The man's growing conviction had received confirmation.
"What did that mean?" Betty asked quickly.
Dave was staring out down the river.
"Just nothing. Only I've had a goodish talk with Joe Hardwig."
"Then I needn't go into the details. I've heard the news that Dick Mansell has brought with him."
It was a long time before either spoke again. For Dave there seemed so little to say. What could he say? Sympathy was out of the question. He had no right to blame Jim yet. Nor did he feel that he could hold out hope to her, for in his heart he believed that the man's news was true.

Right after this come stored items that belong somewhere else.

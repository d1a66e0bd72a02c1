-- ===== src/Chat/Tests.antt =====
-- The chat on concrete inputs.
use webrtc_snippets.Common.{
  ◌≡◌, inr, refl, arith, true, false, Option, none, some, List, [], ◌∷◌, ◌++◌, drop, take, ◌>>=◌,
  >>=-eq-some, along_some, replicate,
}
use webrtc_snippets.Common.Bytes.{overwrite, Bytes, codes}
use webrtc_snippets.Common.Bytes.CString.{c_str, skip_spaces}
use webrtc_snippets.Common.Bytes.Digits.{to_decimal, decimal_digits, read_digits}
use webrtc_snippets.Chat.Message.{
  ChatMessage, new_message, padded, decode_header, encode_header, atoi, atoi_signed, text,
  set_body_length,
}
use webrtc_snippets.Chat.Message.Codec.{
  with_header, decode_header-IsRefused, decode_header-encode_header,
}
use webrtc_snippets.Chat.Room
use webrtc_snippets.Chat.Room.{
  Session, Room, RoomEvent, Reach, empty, later, step, start, complete, on_event, on_header,
  on_body, on_sent, deliver, deliver_to, keep_recent, initial, new_session,
}
use webrtc_snippets.Chat.Room.Steps.{IsOrdered, Reach-IsOrdered}
use webrtc_snippets.Chat.Room.Fit.{IsSound, Reach-IsSound}
use webrtc_snippets.Chat.Client
use webrtc_snippets.Chat.Client.Queue
use webrtc_snippets.Chat.Client.Queue.{run-posts, run-closed}
use webrtc_snippets.Chat.Client.{Client, new_client, compose}
use webrtc_snippets.Chat.Client.Relay.{line_text, relay_line, show_line}

abbrev blank : Bytes
blank = replicate 516 0

abbrev hello : ChatMessage
hello = compose blank (codes "hello")

hello-text : text hello ≡ codes "   5hello"
unfolding compose encode_header overwrite padded to_decimal decimal_digits c_str set_body_length
hello-text = refl

decode_header-encode_header_example :
    decode_header
      (record (encode_header (record { buffer = blank; body_length = 512 })) { body_length = 7 })
    ≡ (encode_header (record { buffer = blank; body_length = 512 }), true)
decode_header-encode_header_example =
    decode_header-encode_header (record { buffer = blank; body_length = 512 }) 7 (omega arith)

decode_header-IsRefused_example :
    decode_header (with_header (codes "  -1") (new_message blank))
    ≡ (record (with_header (codes "  -1") (new_message blank)) { body_length = 0 }, false)
unfolding to_decimal decimal_digits
decode_header-IsRefused_example =
    decode_header-IsRefused (codes "  -1") (new_message blank)
      (inr (1, omega arith, omega arith, refl))

-- Two participants, and a message of the first.
abbrev one_message : List RoomEvent
one_message =
    Room.accepted blank
    ∷ Room.accepted blank
    ∷ Room.completed 0 (Room.received (codes "   2"))
    ∷ Room.completed 0 (Room.received (codes "hi"))
    ∷ Room.completed 1 Room.sent
    ∷ []

abbrev run : Room → List ChatMessage → List RoomEvent → Option (Room × List ChatMessage)
run r log [] = some (r, log)
run r log (e ∷ events) = do (t, msg) ← step r e; run t (log ++ Room.as_list msg) events

abbrev ran : Room × List ChatMessage
ran = elim (run initial [] one_message) [ none ↦ (initial, []) | some s ↦ s ]

run-Reach :
    (r : Room) (log : List ChatMessage) (events : List RoomEvent) (t : Room × List ChatMessage)
    → Reach r log
    → run r log events ≡ some t
    → Reach t.0 t.1
run-Reach r log [] t reached eq = along_some (λ t. Reach t.0 t.1) eq reached
run-Reach r log (e ∷ events) t reached eq =
    let (u, on, eq) = >>=-eq-some (step r e) _ eq in
    run-Reach u.0 (log ++ Room.as_list u.1) events t (later reached e on) eq

ran-Reach : Reach ran.0 ran.1
unfolding step start complete on_event on_header on_body on_sent deliver deliver_to keep_recent
    decode_header overwrite atoi atoi_signed c_str skip_spaces read_digits
ran-Reach = run-Reach initial [] one_message ran empty refl

Reach-IsOrdered_example : IsOrdered ran.1 ran.0
Reach-IsOrdered_example = Reach-IsOrdered ran.0 ran.1 ran-Reach

Reach-IsSound_example : IsSound ran.1 ran.0
Reach-IsSound_example = Reach-IsSound ran.0 ran.1 ran-Reach

abbrev reader : Session
reader = record (new_session blank) { reading = Room.header }

relay_line_example :
    (t u : Session) × (msg : ChatMessage) × (Room.on_event reader
        (Room.received (take 4 (line_text blank (codes "hello"))))
      ≡ some (t, none))
    × (Room.on_event t (Room.received (drop 4 (line_text blank (codes "hello"))))
        ≡ some (u, some msg))
    × (text msg ≡ line_text blank (codes "hello"))
    × (u.reading ≡ Room.header)
unfolding c_str
relay_line_example = relay_line blank (codes "hello") refl (omega arith) reader refl

abbrev viewer : Client
viewer = record (new_client blank) { reading = Room.header }

show_line_example :
    (d e : Client) × (Client.on_event viewer
        (Client.received (take 4 (line_text blank (codes "hello"))))
      ≡ some d)
    × (Client.on_event d (Client.received (drop 4 (line_text blank (codes "hello")))) ≡ some e)
    × (e.shown ≡ viewer.shown ++ c_str (codes "hello") ++ b'\n' ∷ [])
    × (e.reading ≡ Room.header)
unfolding c_str
show_line_example = show_line blank (codes "hello") refl (omega arith) viewer refl refl

-- A client that is connected: one of two messages is written.
abbrev two_posts : List Client.Event
two_posts =
    Client.connected
    ∷ Client.posted (compose blank (codes "first"))
    ∷ Client.posted (compose blank (codes "second"))
    ∷ Client.sent
    ∷ []

abbrev halfway : Client
halfway = record (new_client blank) {
  is_connecting = false;
  is_connected = true;
  reading = Room.header;
  write_msgs = compose blank (codes "second") ∷ [];
  is_writing = true;
  written = compose blank (codes "first") ∷ [];
}

halfway_run : Queue.run (new_client blank) two_posts ≡ some halfway
unfolding Queue.run Client.on_event Client.write Client.on_sent
halfway_run = refl

run-posts_example :
    (d : Client) × (Queue.run halfway (Client.sent ∷ []) ≡ some d)
    × (d.written ≡ compose blank (codes "first") ∷ compose blank (codes "second") ∷ [])
    × (d.write_msgs ≡ [])
run-posts_example = run-posts blank two_posts halfway halfway_run refl refl

-- The socket is closed while the second message is being written, and a third one is posted.
abbrev closing : List Client.Event
closing = two_posts ++ Client.close_posted ∷ []

abbrev leaving : List Client.Event
leaving = Client.posted (compose blank (codes "third")) ∷ Client.write_failed ∷ []

abbrev closed : Client
closed = record halfway { is_open = false }

abbrev left : Client
left = record closed {
  write_msgs = compose blank (codes "second") ∷ compose blank (codes "third") ∷ [];
  is_writing = false;
}

closed_run : Queue.run (new_client blank) closing ≡ some closed
unfolding Queue.run Client.on_event Client.write Client.on_sent
closed_run = refl

left_run : Queue.run closed leaving ≡ some left
unfolding Queue.run Client.on_event Client.write Client.on_sent
left_run = refl

run-closed_example :
    (left.is_open ≡ false)
    × (left.written ≡ closed.written)
    × (closed.written ++ left.write_msgs
        ≡ compose blank (codes "first")
          ∷ compose blank (codes "second")
          ∷ compose blank (codes "third")
          ∷ [])
run-closed_example = run-closed blank closing leaving closed left closed_run refl left_run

With Betty, she hardly knew how to express her feelings. She hardly knew what her feelings were. At the time Mrs. Hardwig poured her tale into her ears she had listened quite impersonally. Somehow the story had not appealed to her as concerning herself, and her dominant thought had been pity for the man. It was not until afterward, when she was alone on her way to the school, that the full significance of it came to her; and then it came as a shock. She remembered, all of a sudden, that she was promised to Jim. That when Jim came back she was to marry him. From that moment the matter had never been out of her mind; through all her school hours it was with her, and her attention had been so distracted from her work that she found her small pupils getting out of hand.
Yes, she was to marry Jim, and they told her he was a drunkard, a gambler, and a "crook." She had given him her promise; she had sent him away. It was her own doing. Her feelings toward him never came into her thoughts. During the long five years of his absence he had become a sort of habit to her. She had never thought of her real feelings after the first month or two of his going. She was simply waiting for him, and would marry him when he came. It was only now, when she heard this story of him, that her feelings were called upon to assert themselves, and the result was something very like horror at her own position.
She remembered now her disappointment at the first realization of all her hopes, when Jim had asked her to marry him. She had not understood then, but now—now she did. She knew that she had never really loved him. And at the thought of his return she was filled with horror and dread.
She was glad that she had met Dave; she had longed to see him. He was the one person she could always lean on. And in her present trouble she wanted to lean on him.